Just how small is that? And do you only have cherry reds in there?


----------



## TS168 (Oct 28, 2003)

HI George,

Tank Dimension: 
15cm by 15cm. Height is 23cm

Yes Just Cherry shrimp in there. 2 are now pregnant. 

Cheers. TS


----------



## George Willms (Jul 25, 2003)

Cool, I just pulled about 20 baby shrimp from my filter today.


----------



## Buck (Oct 13, 2002)

I'll be checking my door for a package each day George... :wink:


----------



## George Willms (Jul 25, 2003)

get in line! lol


----------



## Momotaro (Feb 21, 2003)

Get in line for some of the green shrimp George has!

How are you making out with them, oh great Guru of Shrimp!! :wink:  

Mike


----------



## Buck (Oct 13, 2002)

Mike did you say green shrimp ? :shock: 
Dang it, now how am I supposed to stand in two lines at the same time ! 

George... when you package them, try not to mix the two together... that way it will be easier for me to seperate them for my tanks... 

Ooops... did i say that out loud ? :hehe:


----------



## TS168 (Oct 28, 2003)

Green Shrimp. nice i want it also. 
I now only have 1 male blue shrimp. Hope to get afew wives for him.

I from Singapore. Anyone stay here?

How much is the price of green/blue/cherry/tiger shrimp at your place?

Care to share?

Thanks.
TS


----------



## SCMurphy (Oct 21, 2003)

TS168 said:


> Green Shrimp. nice i want it also.
> I now only have 1 male blue shrimp. Hope to get afew wives for him.
> 
> I from Singapore. Anyone stay here?
> ...


The price here in the US is too much....it is hard to find importers that will, or can, get them for us.


----------



## TS168 (Oct 28, 2003)

Blue shrimp:
http://www.aquajapan.com/encyc/shrimp/atyidae/neocaridina/sp0004_e.html


----------



## Momotaro (Feb 21, 2003)

George wiped out a shop in South Jersey. The Green Shrimp were only a couple of bucks each, if I remember correctly! I haven't heard him talk about them in a while.

HEY GEORGE!! How about those "Greenies"!!


Mike


----------



## George Willms (Jul 25, 2003)

Mike, you blew my cover! No little ones yet, at least not that I've seen. Yep, they were only $2 each, so I wiped 'em clear out. I should go see if they have anything else there.


----------



## TS168 (Oct 28, 2003)

I Have not seen green shrimp sold here. But heard of people brough it. It must be a nice one. George any picture of your green shrimp to post here?


----------



## Momotaro (Feb 21, 2003)

George if you stop in "that shop", give me a heads up on the shrimp!

Mike


----------



## TS168 (Oct 28, 2003)

My Cherry shrimp has given birth to afew little cherry shrimp today...

Cheers.
TS


----------



## George Willms (Jul 25, 2003)

Congrats!


----------



## George Willms (Jul 25, 2003)

TS168 said:


> I Have not seen green shrimp sold here. But heard of people brough it. It must be a nice one. George any picture of your green shrimp to post here?

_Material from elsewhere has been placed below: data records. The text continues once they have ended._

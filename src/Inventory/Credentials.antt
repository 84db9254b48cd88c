-- ===== src/Inventory/Credentials.antt =====
-- The checks of app/dal/db/store.py on what is saved: `_port`, `_timeout`, `_check_fields`,
-- `_save_role`, `_inline_credentials` and `_connector`. Whether `cryptography` can load a private
-- key is a parameter, which gives the message of the error if it cannot.
use network_gateway_api.Prelude.{
  ◌>>=◌, ◌>>◌, raise_if, ℕ, Bool, true, false, not, ◌&&◌, ◌||◌, Option, none, some, List, [], ◌∷◌,
  ◌++◌, String, str_eq, leb, if◌then◌else◌, Outcome, ok, err,
}
use network_gateway_api.Prelude.Int.{pos, int_between, float_between}
use network_gateway_api.Value.{
  Value, Fields, null, int, float, str, dict, field, end, get, get_or, get_value, set, merge, pop,
  among, truthy, truthy_at, is_null,
}
use network_gateway_api.Storage.Errors.{StoreError, store_error}
use network_gateway_api.Audit.Fields.{text}

-- `_port`
abbrev pub port : Value → Outcome StoreError ℕ
port (int (pos n)) =
    if leb 1 n && leb n 65535
    then ok n
    else err (store_error "Port must be an integer between 1 and 65535.")
port _ = err (store_error "Port must be an integer between 1 and 65535.")

-- `_timeout`
abbrev pub timeout : Value → Outcome StoreError Value
timeout (int i) =
    if int_between 1 30 i
    then ok (int i)
    else err (store_error "Timeout must be between 1 and 30 seconds.")
timeout (float x) =
    if float_between 1 30 x
    then ok (float x)
    else err (store_error "Timeout must be between 1 and 30 seconds.")
timeout _ = err (store_error "Timeout must be between 1 and 30 seconds.")

abbrev only_among : List String → Fields → Bool
only_among names end = true
only_among names (field k v fields) = among k names && only_among names fields

-- `_check_fields` of a dict
abbrev pub check_fields : List String → Fields → Outcome StoreError (Unit {0})
check_fields allowed payload =
    raise_if (not (only_among allowed payload))
      (store_error "Invalid or unsupported profile fields.")

-- _INLINE_FIELDS, _PROXY_TYPES and _CONNECTOR_FIELDS
abbrev pub inline_fields : List String
inline_fields = "username" ∷ "password" ∷ "private_key" ∷ "private_key_path" ∷ "key_passphrase" ∷ []

abbrev pub proxy_types : List String
proxy_types = "ssh_tunnel" ∷ "ssh_shell" ∷ "socks5" ∷ "http_connect" ∷ []

abbrev pub connector_fields : List String
connector_fields =
    "type" ∷ "host" ∷ "port" ∷ "username" ∷ "password" ∷ "private_key_path" ∷ "known_hosts_path"
    ∷ "private_key" ∷ "key_passphrase" ∷ "timeout_seconds" ∷ []

-- `if key in payload: self._text(payload[key], label, limit=65536)`
abbrev pub checked_if_given : String → String → Fields → Outcome StoreError (Unit {0})
checked_if_given label key payload = elim (get key payload) [
  | none ↦ ok tt
  | some v ↦ elim (text v label label false 65536) [ err e ↦ err e | ok _ ↦ ok tt ]
]

-- What `_save_role` stores, without the key; the secrets are not yet encrypted.
pub record RoleValues : Type 0 where
  pub name : String
  pub username : String
  pub authentication_type : String
  pub secrets : Fields

abbrev is_str : String → Value → Bool
is_str s (str t) = str_eq t s
is_str s _ = false

abbrev with_passphrase : Value → Fields → Fields
with_passphrase passphrase secrets =
    if truthy passphrase then set "key_passphrase" passphrase secrets else secrets

-- The loop of `_inline_credentials` at one field: a trust file may be taken away by `None`.
abbrev is_path : String → Bool
is_path key = str_eq key "private_key_path" || str_eq key "known_hosts_path"

unfoldable pub inline_loop : List String → Fields → Fields → Outcome StoreError Fields
unfolding get pop text
inline_loop [] profile payload = ok profile
inline_loop (key ∷ keys) profile payload = elim (get key payload) [
  | none ↦ inline_loop keys profile payload
  | some v ↦
      if is_path key && is_null v
      then inline_loop keys (pop key profile) payload
      else elim (text v "credential or trust field" "Credential or trust field" false 65536) [
        | err e ↦ err e
        | ok _ ↦ inline_loop keys profile payload
      ]
]

abbrev has_any_key : Fields → Bool
has_any_key profile = truthy_at "private_key_path" profile || truthy_at "private_key" profile

-- `_inline_credentials`: the profile that is left, or the error
unfoldable pub inline_credentials : Fields → Fields → Outcome StoreError Fields
unfolding inline_loop get truthy
inline_credentials profile payload =
    inline_loop (inline_fields ++ "known_hosts_path" ∷ []) profile payload >>= λ left.
    raise_if (truthy_at "password" left && has_any_key left)
      (store_error "Choose password or SSH key authentication, not both.")
    >> (raise_if (truthy_at "key_passphrase" left && not (has_any_key left))
          (store_error "A key passphrase requires an SSH key.")
        >> ok left)

-- `any(v not in (None, "") for k, v in value.items() if k != "type")`
abbrev has_settings : Fields → Bool
has_settings end = false
has_settings (field k v fields) =
    (not (str_eq k "type") && not (is_null v || is_str "" v)) || has_settings fields

module _ (key_error : Value → Value → Option String) where
  abbrev check_key : Value → Value → Outcome StoreError (Unit {0})
  check_key key passphrase = elim (key_error key passphrase) [
    | none ↦ ok tt
    | some message ↦ err (store_error message)
  ]

  -- The branch of `_save_role` for a password
  unfoldable pub password_secrets : Fields → Fields → Bool → Outcome StoreError Fields
  unfolding get truthy
  password_secrets payload profile switched =
      let password = get_value "password" (if switched then payload else profile) in
      raise_if (truthy_at "private_key" payload || truthy_at "key_passphrase" payload)
        (store_error "Password authentication cannot include SSH key credentials.")
      >> (raise_if (not (truthy password))
            (store_error "Password authentication requires a password.")
          >> ok (field "password" password end))

  -- The branch of `_save_role` for a key
  unfoldable pub key_secrets : Fields → Fields → Fields → Bool → Outcome StoreError Fields
  unfolding get truthy set
  key_secrets payload previous profile switched =
      let key = get_value "private_key" (if switched then payload else profile) in
      let kept = if switched then str "" else get_or "key_passphrase" (str "") previous in
      let passphrase = get_or "key_passphrase" kept payload in
      raise_if (truthy_at "password" payload)
        (store_error "SSH key authentication cannot include a password.")
      >> (raise_if (not (truthy key)) (store_error "SSH key authentication requires a private key.")
          >> (check_key key passphrase
              >> ok (with_passphrase passphrase (field "private_key" key end))))

  abbrev bad_method : StoreError
  bad_method = store_error "Authentication type must be password or ssh_key."

  -- `_save_role`
  unfoldable pub save_role : Fields → Fields → Outcome StoreError RoleValues
  unfolding merge text get password_secrets key_secrets
  save_role payload previous =
      let profile = merge previous payload in
      text (get_value "name" profile) "name" "Name" true 200 >>= λ name.
      text (get_value "username" profile) "username" "Username" true 255 >>= λ username.
      (elim (get_value "authentication_type" profile) [
        | str method ↦
            let switched = not (is_str method (get_value "authentication_type" previous)) in
            raise_if (not (str_eq method "password" || str_eq method "ssh_key")) bad_method
            >> (checked_if_given "credential" "password" payload
                >> (checked_if_given "credential" "private_key" payload
                    >> (checked_if_given "credential" "key_passphrase" payload
                        >> ((if str_eq method "password"
                              then password_secrets payload profile switched
                              else key_secrets payload previous profile switched)
                            >>= λ secrets. ok (record {
                              name = name;
                              username = username;
                              authentication_type = method;
                              secrets = secrets;
                            })))))
        | _ ↦ err bad_method
      ])

  -- `_connector` for a kind that is not direct
  unfoldable pub proxied : String → Fields → Fields → Outcome StoreError Fields
  unfolding set text get inline_credentials truthy
  proxied kind profile value =
      text (get_value "host" profile) "proxy host" "Proxy host" true 255 >>= λ host.
      port (get_value "port" profile) >>= λ number.
      (elim (get "timeout_seconds" profile) [ none ↦ ok null | some t ↦ timeout t ]) >>= λ checked.
      inline_credentials
        (set "port" (int (pos number)) (set "host" (str host) (set "type" (str kind) profile)))
        value
      >>= λ left.
          (if truthy_at "private_key" left
            then check_key (get_value "private_key" left) (get_value "key_passphrase" left)
            else ok tt)
          >> ok left

  -- `_connector` of a dict, with the connector that it replaces if there is one
  unfoldable pub connector : Fields → Fields → Outcome StoreError Fields
  unfolding merge get proxied truthy
  connector value previous =
      let profile = merge previous value in
      check_fields connector_fields value >> elim (get_or "type" (str "direct") profile) [
        | str kind ↦
            if not (among kind ("direct" ∷ proxy_types))
            then err (store_error "Unsupported connector type.")
            else if str_eq kind "direct"
            then (if has_settings value
                then err (store_error "Direct connections cannot include proxy settings.")
                else ok (field "type" (str "direct") end))
            else proxied kind
                (if truthy (dict previous) && not (is_str kind (get_value "type" previous))
                  then value
                  else profile)
                value
        | _ ↦ err (store_error "Unsupported connector type.")
      ]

No I keep meaning to bring the camera to work so I can try to get a pic, but I always forget. I will see what I can do this week about a pic.


----------



## TS168 (Oct 28, 2003)

Nice shrimp pic for all.
http://www.51fish.net/bbs/dispbbs.asp?boardID=10&ID=535


----------



## ming (Dec 6, 2003)

TS168 said:


> Nice shrimp pic for all.
> http://www.51fish.net/bbs/dispbbs.asp?boardID=10&ID=535


now if you could successfully get them and breed them.. you'd be making some money


----------